Saturday, May 24, 2008

Confederate Monumental Landscape: Argument

On a clear June day in 1917, Confederate veteran Leigh Robinson looked out across the fields of Gettysburg and addressed over 2,000 of his fellow veterans, government officials, and interested onlookers. They had gathered together to dedicate a new monument to the Virginians who fought on that field in 1863, the first of many monuments that would commemorate the valor of men from each of the eleven Confederate states. For over two hours, Robinson spoke on a wide range of topics, from the Constitution to the life of Robert E. Lee to the works of Plutarch. At every turn, Robinson defended the Confederate soldiers and their cause against imagined aspersions cast against them:
There is a voice which says: All this heroism was “ghastly error;” heroism for a cause which was intrinsically false — false to the rights of man. They who so speak think all too lightly of a cause hallowed by such sacrifice. In memorials, like the present, is felt the refutation of the charge. There are things too high, too deep, too appealing to the genuine grace of sympathy, for memory to be other than a shrine (source).
For Robinson, as for millions of Americans who visit the Virginia monument every year, the Confederate memorial landscape at Gettysburg affirmed a belief that the Confederate cause was worthy because it was consecrated with the blood of courageous men. Over the course of the twentieth century, Southern states, memorial societies, and Civil War enthusiasts erected over a dozen additional monuments to Confederate valor at Gettysburg, enshrining the mythology of the Lost Cause at America’s most famous and most visited Civil War site.

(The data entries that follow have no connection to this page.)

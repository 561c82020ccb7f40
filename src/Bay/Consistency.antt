-- ===== src/Bay/Consistency.antt =====
-- What the consistency check leaves in the bays.
use netrek_server.Base.{
  ℕ, ◌+◌, ◌≡◌, refl, Bool, ◌&&◌, none, some, Option, arith, put, loop_inv, ap, inl, inr,
  Option-cases, ◌==◌, ltb, if◌then◌else◌,
}
use netrek_server.Game.{Player, num_bays}
use netrek_server.Bay.{Players, check_bay, bay_consistency_check}

-- The ship is docked with the base, at this bay.
abbrev pub is_docked_at : Player → Player → ℕ → Bool
is_docked_at base ship i =
    ship.p_flags.dock && ship.p_dock_with == base.p_no && ship.p_dock_bay == i

-- What a bay should hold: the ship that it names, if that is docked there.
abbrev pub genuine : Players → ℕ → ℕ → Option ℕ
genuine ps b i = elim ((ps b).p_bays i) [
  | none ↦ none
  | some s ↦ if is_docked_at (ps b) (ps s) i then some s else none
]

-- The bays of the base after the first `n` rounds.
abbrev checked : Players → ℕ → ℕ → ℕ → Option ℕ
checked ps b n i = if ltb i n then genuine ps b i else (ps b).p_bays i

-- `ps` with the bays of `b` given anew.
abbrev with_bays : Players → ℕ → (ℕ → Option ℕ) → Players
with_bays ps b bays = put ps b (record (ps b) { p_bays = bays })

-- What the loop has done after `n` rounds: the bays below `n` are checked, the others are as they
-- were, and nothing but bays has changed.
record Checked (ps : Players) (b n : ℕ) (qs : Players) : Type 0 where
  bays : (j k : ℕ) → (qs j).p_bays k ≡ (if b == j then checked ps b n k else (ps j).p_bays k)
  rest : (j : ℕ) → record (qs j) { p_bays = (ps j).p_bays } ≡ ps j

module _ {ps : Players} {b : ℕ} (n : ℕ) {qs : Players} (h : Checked ps b n qs) where
  same_dock : (s : ℕ) → (qs s).p_flags.dock ≡ (ps s).p_flags.dock
  same_dock s = ap (λ (p : Player). p.p_flags.dock) (h.rest s)

  same_dock_with : (s : ℕ) → (qs s).p_dock_with ≡ (ps s).p_dock_with
  same_dock_with s = ap (λ (p : Player). p.p_dock_with) (h.rest s)

  same_dock_bay : (s : ℕ) → (qs s).p_dock_bay ≡ (ps s).p_dock_bay
  same_dock_bay s = ap (λ (p : Player). p.p_dock_bay) (h.rest s)

  same_no : (s : ℕ) → (qs s).p_no ≡ (ps s).p_no
  same_no s = ap (λ (p : Player). p.p_no) (h.rest s)

  check_bay-bays :
      (j k : ℕ)
      → (check_bay b n qs j).p_bays k ≡ (if b == j then checked ps b (n + 1) k else (ps j).p_bays k)
  unfolding check_bay
  check_bay-bays j k = elim (Option-cases ((ps b).p_bays n)) [
    | inl e ↦ ground (arith, h.bays j k, h.bays b n)
    | inr e ↦ ground (
      arith,
      h.bays j k,
      h.bays b n,
      e.1,
      same_dock e.0,
      same_dock_with e.0,
      same_dock_bay e.0,
      same_no b,
    )
  ]

  check_bay-rest : (j : ℕ) → record (check_bay b n qs j) { p_bays = (ps j).p_bays } ≡ ps j
  unfolding check_bay
  check_bay-rest j = ground (arith, h.rest j)

check_all : (b : ℕ) (ps : Players) → Checked ps b num_bays (bay_consistency_check b ps)
unfolding bay_consistency_check
check_all b ps =
    loop_inv (λ n qs. Checked ps b n qs) (check_bay b) num_bays 0 num_bays ps refl
      (λ n qs lo hi h. record { bays = check_bay-bays n h; rest = check_bay-rest n h })
      (record { bays = λ j k. ground arith; rest = λ j. refl })

-- The check leaves in each of the four bays of the base the ship that it named, if that ship is
-- docked with this base at this bay, and vacates it otherwise; the other players' bays, and
-- every other field of every player, are unchanged.
pub bay_consistency_check_lem :
    (b : ℕ) (ps : Players)
    → ((j k : ℕ)
        → (bay_consistency_check b ps j).p_bays k
          ≡ (if b == j && ltb k num_bays then genuine ps b k else (ps j).p_bays k))
      × ((j : ℕ) → record (bay_consistency_check b ps j) { p_bays = (ps j).p_bays } ≡ ps j)
bay_consistency_check_lem b ps =
    (λ j k. ground (arith, (check_all b ps).bays j k), (check_all b ps).rest)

Unlike the Union monuments at Gettysburg, which often commemorate a single regiment or individual, nearly all of the Confederate monuments are dedicated to the men of an entire state. Only four individual Confederate regiments have their own monuments at Gettysburg, and only one of those was erected prior to 1985.* Each of the eleven ex-Confederate states erected a monument at Gettysburg between 1917 and 1982, and several border states, including Kentucky and Maryland, dedicated their monuments to both Union and Confederate soldiers. These thirteen monuments, along with the Confederate Soldiers and Sailors Monument and a handful of other, smaller markers, form a monumental landscape that is distinct from its Union counterpart in style, intention, and physical placement.

Whereas the Union monumental landscape was a project of the nineteenth century directed mostly by veterans, the Confederate landscape is a twentieth-century creation. By the time the Virginia monument was erected in 1917, few Confederate veterans were alive to attend its dedication, and fewer still survived until the second state monument was dedicated by North Carolina in 1929. While Union monuments on the field marked the position of Northern regiments, the monuments erected by the grandsons and granddaughters of the Confederacy were more concerned with shaping the memory and controlling the meaning of their ancestors’ actions. In their style and form, the Confederate monuments tell a tale of heroic valor, desperate suffering, and unsurpassed glory. In inscriptions and dedication speeches, the builders of these monuments made their intention to support a pro-Confederate history of the battle and of the war explicit. In their placement at Gettysburg, the monuments stand as “sentinels of stone,” protecting and promulgating the mythology of the Lost Cause.

“[T]he Lost Cause was expressly a rationalization, a cover-up,” writes historian Alan T. Nolan in his essay, “The Anatomy of the Myth.” In the years following the Civil War, Confederate veterans and their sympathizers attempted to justify the Confederacy’s actions by rewriting the history of the war. This revision involved several key tenets, including idealizing Southern soldiers as “heroic, indefatigable, gallant, and law-abiding,” vilifying the North as meddlesome, heartless, and immoral, and trivializing the role of slavery as a cause for sectional conflict. By the early twentieth century, the mythology of the Lost Cause had come to dominate the nation’s memory of the Civil War. In movies, children’s stories, and academic histories, Confederates were portrayed as chivalric defenders of a noble, but doomed, way of life.

Equally important is the narrative of reconciliation, which holds that the resolution of the military conflict put to rest all of the concerns that had originally sparked the war and that reunification reaffirmed the bonds that tied white, Christian, native-born Americans to one another and to their nation.

The Confederate monuments at Gettysburg support the claims of the Lost Cause mythology by presenting heroic, slave-free images of Confederate soldiers to the battlefield’s millions of visitors. Although most professional historians now recognize the Lost Cause as an egregious distortion of nineteenth-century history, the story presented by the Confederate monumental landscape continues to influence the public’s memory of the Civil War.

*The 2nd Maryland Volunteer Infantry (C.S.A.) erected a small granite monument on Culp’s Hill in 1886. Monuments honoring the 26th and 43rd North Carolina Infantry regiments were dedicated in 1985 and a monument to the 11th Mississippi went up in 2000. For more info on monuments, check out Virtual Gettysburg, which has a wonderful, free, searchable database (with pictures!).